Turver ran a sensitivity analysis based on the lower capacity factor, the higher cost of capital, the higher cost of construction, and a reduced wind farm life. The net effect is to push up the CfD estimate to £131.05 ($178.27) per megawatt-hour (MWh) from the £44 ($59.85)/MWh estimate of the CCC.
With the release of the latest CCC methodology report, Turver could update his estimates and compare them against actual data. Here is his updated chart of the cost of capital analysis. It shows the CCC estimates to 2050, the generation report estimates, and the actual data from offshore wind projects. We would point out that the last data point shows the cost of capital for the Hornsea 4 project, which Ørsted just shut down for being uneconomic.
Offshore wind is proving to be more costly than expected.

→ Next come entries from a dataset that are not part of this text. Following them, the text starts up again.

-- ===== src/Mm/Slab/Search.antt =====
-- The search of `find_free_object` in kernel/mm/slab.c.
use mathlib.Core.Path.{subst}
use scarlett_os.Base.{
  ℕ, zero, suc, ◌+◌, ◌*◌, ◌/◌, ◌%◌, ◌≤◌, ◌<◌, ◌≡◌, refl, inl, inr, true, false, not, Option, none,
  some, leb, ltb, ◌==◌, Bool-cases, Option-cases, arith,
}
use scarlett_os.Base.Bits.{test_bit, every_below, test_of_every_below}
use scarlett_os.Mm.Pmm.Bitmap.{PageBitmap, bitmap_test}
use scarlett_os.Mm.Slab.{find_in_byte, find_in_bytes}

-- What a search answers: the first object from `first` on that is free, or that there is none before
-- `end` and `count`.
abbrev pub Found : ℕ → ℕ → ℕ → PageBitmap → Option ℕ → Type 0
Found first end count bm none = (j : ℕ) → first ≤ j → j < end → j < count → bitmap_test bm j ≡ false
Found first end count bm (some i) =
    (first ≤ i)
    × (i < end)
    × (i < count)
    × (bitmap_test bm i ≡ true)
    × ((j : ℕ) → first ≤ j → j < i → bitmap_test bm j ≡ false)

Found-later :
    (p end count : ℕ) (bm : PageBitmap) (o : Option ℕ)
    → bitmap_test bm p ≡ false
    → Found (p + 1) end count bm o
    → Found p end count bm o
Found-later p end count bm none used f = λ j lo hi inside. elim (Bool-cases (p == j)) [
  | inl e ↦ let same : p ≡ j = ground arith in rw (← same) used
  | inr e ↦ f j (ground arith) hi inside
]
Found-later p end count bm (some i) used (lo, hi, inside, free, before) = (
  omega arith,
  hi,
  inside,
  free,
  λ j lo' hi'. elim (Bool-cases (p == j)) [
    | inl e ↦ let same : p ≡ j = ground arith in rw (← same) used
    | inr e ↦ before j (ground arith) hi'
  ],
)

find_in_byte-Found :
    (left bit byte count p end : ℕ) (bm : PageBitmap)
    → p ≡ byte * 8 + bit
    → end ≡ p + left
    → Found p end count bm (find_in_byte left bit byte count bm)
unfolding find_in_byte
find_in_byte-Found zero bit byte count p end bm e k = λ j lo hi inside. absurd (omega arith)
find_in_byte-Found (suc left) bit byte count p end bm e k = elim (Bool-cases (bitmap_test bm p)) [
  | inl free ↦ elim (Bool-cases (leb count p)) [
    | inl out ↦ rw (find_in_byte, ← e, free, out) (λ j lo hi inside. absurd (ground arith))
    | inr inside ↦
        rw (find_in_byte, ← e, free, inside)
          (omega arith, omega arith, ground arith, free, λ j lo hi. absurd (omega arith))
  ]
  | inr used ↦
      rw (find_in_byte, ← e, used)
        (Found-later p end count bm (find_in_byte left (bit + 1) byte count bm) used
          (find_in_byte-Found left (bit + 1) byte count (p + 1) end bm (omega arith) (omega arith)))
]

zeros : every_below (λ k. not (test_bit 0 k)) 8 ≡ true
unfolding every_below test_bit
zeros = refl

-- A byte that is 0 has no free object.
zero_byte : (byte j : ℕ) (bm : PageBitmap) → bm byte ≡ 0 → j / 8 ≡ byte → bitmap_test bm j ≡ false
unfolding bitmap_test
zero_byte byte j bm z e =
    let below : j % 8 < 8 = omega arith in
    let none_set = test_of_every_below (λ k. not (test_bit 0 k)) 8 below zeros in
    rw (bitmap_test, e, z) (ground (arith, none_set))

-- Two searches in a row.
Found-join :
    (p q end count : ℕ) (bm : PageBitmap) (o : Option ℕ)
    → Found p q count bm none
    → p ≤ q
    → Found q end count bm o
    → Found p end count bm o
Found-join p q end count bm none f le g = λ j lo hi inside. elim (Bool-cases (ltb j q)) [
  | inl e ↦ f j lo (ground arith) inside
  | inr e ↦ g j (ground arith) hi inside
]
Found-join p q end count bm (some i) f le (lo, hi, inside, free, before) = (
  omega arith,
  hi,
  inside,
  free,
  λ j lo' hi'. elim (Bool-cases (ltb j q)) [
    | inl e ↦ f j lo' (ground arith) (omega arith)
    | inr e ↦ before j (ground arith) hi'
  ],
)

Found-widen :
    (p q end count i : ℕ) (bm : PageBitmap)
    → q ≤ end
    → Found p q count bm (some i)
    → Found p end count bm (some i)
Found-widen p q end count i bm le (lo, hi, inside, free, before) =
    (lo, omega arith, inside, free, before)

-- The search over the bytes finds the first free object.
pub find_in_bytes-Found :
    (left byte count p end : ℕ) (bm : PageBitmap)
    → p ≡ byte * 8
    → end ≡ p + left * 8
    → Found p end count bm (find_in_bytes left byte count bm)
unfolding find_in_bytes
find_in_bytes-Found zero byte count p end bm e k = λ j lo hi inside. absurd (omega arith)
find_in_bytes-Found (suc left) byte count p end bm e k =
    let rest =
      find_in_bytes-Found left (byte + 1) count (p + 8) end bm (omega arith) (omega arith) in
    elim (Bool-cases (bm byte == 0)) [
      | inl z ↦
          rw (find_in_bytes, z)
            (Found-join p (p + 8) end count bm (find_in_bytes left (byte + 1) count bm)
              (λ j lo hi inside. zero_byte byte j bm (ground arith) (omega arith)) (omega arith)
              rest)
      | inr nz ↦
          let here : Found p (p + 8) count bm (find_in_byte 8 0 byte count bm) =
            find_in_byte-Found 8 0 byte count p (p + 8) bm (omega arith) refl in
          elim (Option-cases (find_in_byte 8 0 byte count bm)) [
            | inl e' ↦
                rw (find_in_bytes, nz, e')
                  (Found-join p (p + 8) end count bm (find_in_bytes left (byte + 1) count bm)
                    (subst (Found p (p + 8) count bm) e' here) (omega arith) rest)
            | inr (i, e') ↦
                rw (find_in_bytes, nz, e')
                  (Found-widen p (p + 8) end count i bm (omega arith)
                    (subst (Found p (p + 8) count bm) e' here))
          ]
    ]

Another updated Turver chart shows the cost of offshore wind turbines. The data is based on quarterly reports from Vestas. Turver noted that turbine costs had risen 47% between the end of 2020 and 2022. There was a sharp drop in reported costs at the start of 2023, but then the upward trend resumed, putting the price at the beginning of 2025 above the 2022 peak.

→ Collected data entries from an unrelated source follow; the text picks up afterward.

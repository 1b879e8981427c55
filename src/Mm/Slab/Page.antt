-- ===== src/Mm/Slab/Page.antt =====
-- A page of objects of kernel/mm/slab.c.
use mathlib.Core.Path.{subst}
use native.Mathlib.Nat.{mul-div_cancel, mul-le-mul}
use scarlett_os.Base.{
  ℕ, ◌+◌, ◌-◌, ◌*◌, ◌/◌, ◌%◌, ◌^◌, ◌≤◌, ◌<◌, ◌≡◌, refl, sym, ◌∙◌, ◌⊎◌, inl, inr, true, false,
  Option, none, some, leb, ◌==◌, if◌then◌else◌, Bool-cases, Option-cases, arith,
}
use scarlett_os.Mm.Pmm.Bitmap.{
  PageBitmap, IsBytes, bitmap_test, bitmap_clear, bitmap_test-bitmap_clear, bitmap_test-bitmap_set,
  bitmap_clear-IsBytes, count_free, count_free-bitmap_clear, count_free-le,
}
use scarlett_os.Mm.Slab.{
  SlabPage, object_size, bitmap_size, find_in_bytes, find_free_object, free_object_in_page,
  objects_start, object_address, take_object,
}
use scarlett_os.Mm.Slab.Search.{Found, find_in_bytes-Found}

-- A page as the functions leave it: the count is that of the bits, of at most 508 objects.
pub record WellFormed (page : SlabPage) : Type 0 where
  pub bytes : IsBytes page.bitmap
  pub total : page.total_objects ≤ 508
  pub count : page.free_count + count_free page.bitmap page.total_objects ≡ page.total_objects

-- An object is taken that was free, and nothing else of the page changes.
pub record Taken (page : SlabPage) (i : ℕ) (page' : SlabPage) : Type 0 where
  pub valid : WellFormed page'
  pub inside : i < page.total_objects
  pub was_free : bitmap_test page.bitmap i ≡ true
  pub now :
      (j : ℕ) → bitmap_test page'.bitmap j ≡ (if i == j then false else bitmap_test page.bitmap j)
  pub counted : page'.free_count + 1 ≡ page.free_count

abbrev pub FindOutcome : SlabPage → Option (ℕ × SlabPage) → Type 0
FindOutcome page r =
    ((r ≡ none) × ((j : ℕ) → j < page.total_objects → bitmap_test page.bitmap j ≡ false))
    ⊎ ((i : ℕ) × (r ≡ some (object_address page i, take_object page i))
        × Taken page i (take_object page i))

-- `find_free_object` takes the first free object of a page, or every object of the page is in use.
pub find_free_object_lem :
    (page : SlabPage) → WellFormed page → FindOutcome page (find_free_object page)
unfolding find_free_object
find_free_object_lem page v =
    let n = page.total_objects in
    let search =
      find_in_bytes-Found (bitmap_size n) 0 n 0 (bitmap_size n * 8) page.bitmap (omega arith)
        (omega arith) in
    let wide : n ≤ bitmap_size n * 8 = omega (arith, v.total) in
    elim (Option-cases (find_in_bytes (bitmap_size n) 0 n page.bitmap)) [
      | inl e ↦
          let none_free = subst (Found 0 (bitmap_size n * 8) n page.bitmap) e search in
          rw (find_free_object, e) (inl (refl, λ j lt. none_free j (omega arith) (omega arith) lt))
      | inr (i, e) ↦
          let (lo, hi, inside, free, before) =
            subst (Found 0 (bitmap_size n * 8) n page.bitmap) e search in
          let fewer = count_free-bitmap_clear page.bitmap i v.bytes n inside free in
          let some_free = count_free-le (bitmap_clear page.bitmap i) n in
          let down : (page.free_count + 2 ^ 32 - 1) % 2 ^ 32 + 1 ≡ page.free_count =
            omega (arith, v.count, v.total, fewer, some_free) in
          rw (find_free_object, e)
            (inr (
              i,
              refl,
              record {
                valid = record {
                  bytes = bitmap_clear-IsBytes page.bitmap i v.bytes;
                  total = v.total;
                  count = omega (arith, v.count, fewer, down);
                };
                inside = inside;
                was_free = free;
                now = λ j. bitmap_test-bitmap_clear page.bitmap i j v.bytes;
                counted = down;
              },
            ))
    ]

-- The index that `free_object_in_page` finds for the address of an object.
index_found :
    (page : SlabPage) (i : ℕ)
    → i < 2 ^ 32
    → 0 < object_size page
    → object_size page ≤ 4096
    → ((object_address page i + 2 ^ 64 - objects_start page) % 2 ^ 64 / object_size page) % 2 ^ 32
      ≡ i
index_found page i lt pos le =
    let most : i * object_size page ≤ (2 ^ 32 - 1) * 4096 =
      mul-le-mul {n₂ = 2 ^ 32 - 1} (omega arith) le in
    let away : (object_address page i + 2 ^ 64 - objects_start page) % 2 ^ 64
        ≡ i * object_size page =
      omega arith in
    let back : i * object_size page / object_size page ≡ i = mul-div_cancel i pos in
    rw (away, back) (omega arith)

-- The same objects of two pages are free, and as many.
pub record SameObjects (page page' : SlabPage) : Type 0 where
  pub objects : (j : ℕ) → bitmap_test page'.bitmap j ≡ bitmap_test page.bitmap j
  pub count : page'.free_count ≡ page.free_count

put_back_bit :
    (bm : PageBitmap) (i j : ℕ)
    → bitmap_test bm i ≡ true
    → (if i == j then true else (if i == j then false else bitmap_test bm j)) ≡ bitmap_test bm j
put_back_bit bm i j h = elim (Bool-cases (i == j)) [
  | inl e ↦ let same : i ≡ j = ground arith in rw e (rw (← same) (sym h))
  | inr e ↦ rw e refl
]

freed :
    (page : SlabPage) (i : ℕ)
    → 0 < object_size page
    → object_size page ≤ 4096
    → WellFormed page
    → Taken page i (take_object page i)
    → SameObjects page (free_object_in_page (take_object page i) (object_address page i))
unfolding free_object_in_page
freed page i pos le v t =
    let index = index_found page i (omega (arith, t.inside, v.total)) pos le in
    let inside : leb page.total_objects i ≡ false = ground (arith, t.inside) in
    rw (free_object_in_page, index, inside)
      (record {
        objects = λ j.
            bitmap_test-bitmap_set (bitmap_clear page.bitmap i) i j t.valid.bytes
            ∙ (rw (t.now j) (put_back_bit page.bitmap i j t.was_free));
        count = omega (arith, t.counted, v.count, v.total);
      })

-- An object of a page that is found free and given back at once leaves the page's objects and their
-- count as they were; otherwise every object of the page is in use.
pub find_free_free :
    (page : SlabPage)
    → 0 < object_size page
    → object_size page ≤ 4096
    → WellFormed page
    → ((find_free_object page ≡ none)
        × ((j : ℕ) → j < page.total_objects → bitmap_test page.bitmap j ≡ false))
      ⊎ ((object : ℕ) × (page' : SlabPage) × (find_free_object page ≡ some (object, page'))
          × SameObjects page (free_object_in_page page' object))
find_free_free page pos le v = elim (find_free_object_lem page v) [
  | inl all_used ↦ inl all_used
  | inr (i, e, t) ↦ inr (object_address page i, take_object page i, e, freed page i pos le v t)
]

Offshore wind turbine costs are continuing to increase.
Turver’s final chart shows the CfD awards – the guaranteed price from which subsidies are paid – for fixed and floating offshore wind projects compared to CCC’s LCOE estimates. If we only look at the fixed CfD awards, the 2024-2025 award amounts are close to the estimated LCOEs, but the 2028 award is about double the estimate. Floating offshore wind CfDs are well above the CCC estimates, reflecting the significant cost differences between bottom-supported and floating offshore wind.

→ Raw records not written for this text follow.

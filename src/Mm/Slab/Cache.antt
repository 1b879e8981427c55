-- ===== src/Mm/Slab/Cache.antt =====
-- `slab_alloc` of kernel/mm/slab.c and its count of free objects.
use mathlib.Core.Path.{subst}
use scarlett_os.Base.{
  ℕ, zero, suc, ◌+◌, ◌%◌, ◌^◌, ◌≤◌, ◌<◌, ◌≡◌, refl, ap, inl, inr, true, ◌||◌, List, [], ◌∷◌, ltb,
  ◌==◌, Bool-cases, get_or, arith,
}
use scarlett_os.Base.Bits.{test_bit, every_below, test_of_every_below}
use scarlett_os.Mm.Pmm.Bitmap.{bitmap_test, count_free}
use scarlett_os.Mm.Slab.{
  SlabPage, SlabCache, new_page, served_by, extend, cache_alloc, slab_alloc, find_size_class,
  init_slab_cache, take_object, objects_per_page, slab_sizes,
}
use scarlett_os.Mm.Slab.Page.{WellFormed, Taken, find_free_object_lem}

abbrev pub free_sum : List SlabPage → ℕ
free_sum [] = 0
free_sum (page ∷ pages) = page.free_count + free_sum pages

abbrev pub AllPages : List SlabPage → Type 0
AllPages [] = Unit
AllPages (page ∷ pages) = WellFormed page × AllPages pages

-- The free objects of a cache's pages are the count of the cache and one more for each of its pages.
pub record Counted (cache : SlabCache) : Type 0 where
  pub pages : AllPages cache.partial_pages
  pub count :
      (cache.free_objects + cache.total_pages) % 2 ^ 32
      ≡ (free_sum cache.partial_pages + free_sum cache.full_pages) % 2 ^ 32

ones : every_below (λ k. test_bit 255 k) 8 ≡ true
unfolding every_below test_bit
ones = refl

all_free : (j : ℕ) → bitmap_test (λ i. 255) j ≡ true
unfolding bitmap_test
all_free j =
    let below : j % 8 < 8 = omega arith in test_of_every_below (λ k. test_bit 255 k) 8 below ones

none_used : (n : ℕ) → count_free (λ i. 255) n ≡ 0
unfolding count_free
none_used zero = refl
none_used (suc n) = rw (count_free, all_free n) (omega (arith, none_used n))

sizes_bound : (k : ℕ) → k ≤ 9 → objects_per_page (get_or slab_sizes k 0) ≤ 508
sizes_bound zero h = omega arith
sizes_bound (suc zero) h = omega arith
sizes_bound (suc (suc zero)) h = omega arith
sizes_bound (suc (suc (suc zero))) h = omega arith
sizes_bound (suc (suc (suc (suc zero)))) h = omega arith
sizes_bound (suc (suc (suc (suc (suc zero))))) h = omega arith
sizes_bound (suc (suc (suc (suc (suc (suc zero)))))) h = omega arith
sizes_bound (suc (suc (suc (suc (suc (suc (suc zero))))))) h = omega arith
sizes_bound (suc (suc (suc (suc (suc (suc (suc (suc zero)))))))) h = omega arith
sizes_bound (suc (suc (suc (suc (suc (suc (suc (suc (suc zero))))))))) h = omega arith
sizes_bound (suc (suc (suc (suc (suc (suc (suc (suc (suc (suc k)))))))))) h = absurd (omega arith)

pub new_page-WellFormed : (a k : ℕ) → k ≤ 9 → WellFormed (new_page a k)
new_page-WellFormed a k h = record {
  bytes = λ i. omega arith;
  total = sizes_bound k h;
  count = omega (arith, none_used (new_page a k).total_objects);
}

class_bound : (size : ℕ) → size ≤ 4096 → find_size_class size ≤ 9
class_bound size h = ground arith

served-Counted :
    (page page' : SlabPage) (pages : List SlabPage) (i : ℕ) (cache : SlabCache)
    → cache.partial_pages ≡ page ∷ pages
    → Counted cache
    → Taken page i page'
    → Counted (served_by page' pages cache)
served-Counted page page' pages i cache e v t =
    let (first, others) = subst AllPages e v.pages in
    let sum : free_sum cache.partial_pages ≡ page.free_count + free_sum pages = ap free_sum e in
    elim (Bool-cases (page'.free_count == 0)) [
      | inl z ↦ rw z (record { pages = others; count = omega (arith, v.count, sum, t.counted) })
      | inr z ↦
          rw z
            (record { pages = (t.valid, others); count = omega (arith, v.count, sum, t.counted) })
    ]

extend-Counted :
    (memory k : ℕ) (cache : SlabCache) → k ≤ 9 → Counted cache → Counted (extend memory k cache).1
unfolding extend
extend-Counted memory k cache h v = elim (Bool-cases (memory == 0)) [
  | inl z ↦ rw (extend, z) v
  | inr nz ↦ elim (find_free_object_lem (new_page memory k) (new_page-WellFormed memory k h)) [
    | inl (e, all_used) ↦
        rw (extend, nz, e)
          (record {
            pages = (new_page-WellFormed memory k h, v.pages);
            count = omega (arith, v.count);
          })
    | inr (i, e, t) ↦
        rw (extend, nz, e) (record { pages = (t.valid, v.pages); count = omega (arith, v.count) })
  ]
]

cache_alloc-Counted :
    (memory k : ℕ) (pages : List SlabPage) (cache : SlabCache)
    → k ≤ 9
    → cache.partial_pages ≡ pages
    → Counted cache
    → Counted (cache_alloc memory k pages cache).1
unfolding cache_alloc
cache_alloc-Counted memory k [] cache h e v = extend-Counted memory k cache h v
cache_alloc-Counted memory k (page ∷ pages) cache h e v =
    let (first, others) = subst AllPages e v.pages in
    elim (find_free_object_lem page first) [
      | inl (f, all_used) ↦ rw (cache_alloc, f) (extend-Counted memory k cache h v)
      | inr (i, f, t) ↦
          rw (cache_alloc, f) (served-Counted page (take_object page i) pages i cache e v t)
    ]

-- `slab_init` starts with the right count, and `slab_alloc` keeps every cache's count of free objects
-- smaller than the free objects of its pages by the number of the pages, in 32 bits.
pub slab_init-Counted : Counted init_slab_cache
slab_init-Counted = record { pages = tt; count = refl }

pub slab_alloc-Counted :
    (memory size : ℕ) (caches : ℕ → SlabCache)
    → ((c : ℕ) → Counted (caches c))
    → (c : ℕ) → Counted ((slab_alloc memory size caches).1 c)
unfolding slab_alloc
slab_alloc-Counted memory size caches v c = elim (Bool-cases (size == 0 || ltb 4096 size)) [
  | inl out ↦ rw (slab_alloc, out) (v c)
  | inr small ↦
      let k = find_size_class size in
      let cache = caches k in
      let kept =
        cache_alloc-Counted memory k cache.partial_pages cache (class_bound size (ground arith))
          refl (v k) in
      elim (Bool-cases (k == c)) [
        | inl e ↦ rw (slab_alloc, small, e) kept
        | inr e ↦ rw (slab_alloc, small, e) (v c)
      ]
]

These differences highlight the unrealistic assumptions built into the UK government’s estimate of the cost of offshore wind. That is important because offshore wind is being heavily counted on to reduce electricity costs and help to meet the UK’s net-zero emissions targets.
Actual offshore wind costs are well above regulator estimates.
In contrast to the U.S., where limited liability companies conduct offshore wind projects and most renewable energy projects, many UK projects are done by public companies or subsidiaries required to file financial statements. The documents submitted to public utility regulators to justify power purchase agreements are heavily redacted, as the companies want that information to remain confidential. We hope U.S. utility regulators receive unredacted information and apply rigorous analyses. They are the last line of defense for ratepayers from paying obscenely high electricity rates.
Solving the Problem
Turver’s analysis explains why offshore wind projects are being cancelled and why bidders for new ones are demanding substantial subsidies. Costs for these projects have soared. Subsidies are the only way developers can overcome the flaws in their business models. Maybe it is time for offshore wind farm developers to reconsider their business models and, if possible, find better ones. On the other hand, perhaps they and their promoters should be more honest about what their electricity will cost the ratepayer, rather than trumpeting the canard that wind power is cheap.
Another issue UK wind is experiencing, but not covered here, is the cost of switching off wind turbines because they generate more power than the grid can accept. According to data from the grid operator, it needed to switch off UK wind farms 13% of the time during 2024-2025 at a cost of £2.7 ($3.7) billion. That expense is passed on to ratepayers, further escalating their power bills.
Offshore wind is expensive, as Turver’s analysis shows. Furthermore, it does little to reduce carbon emissions because of the need for backup power. It is time for energy realism to drive government policy.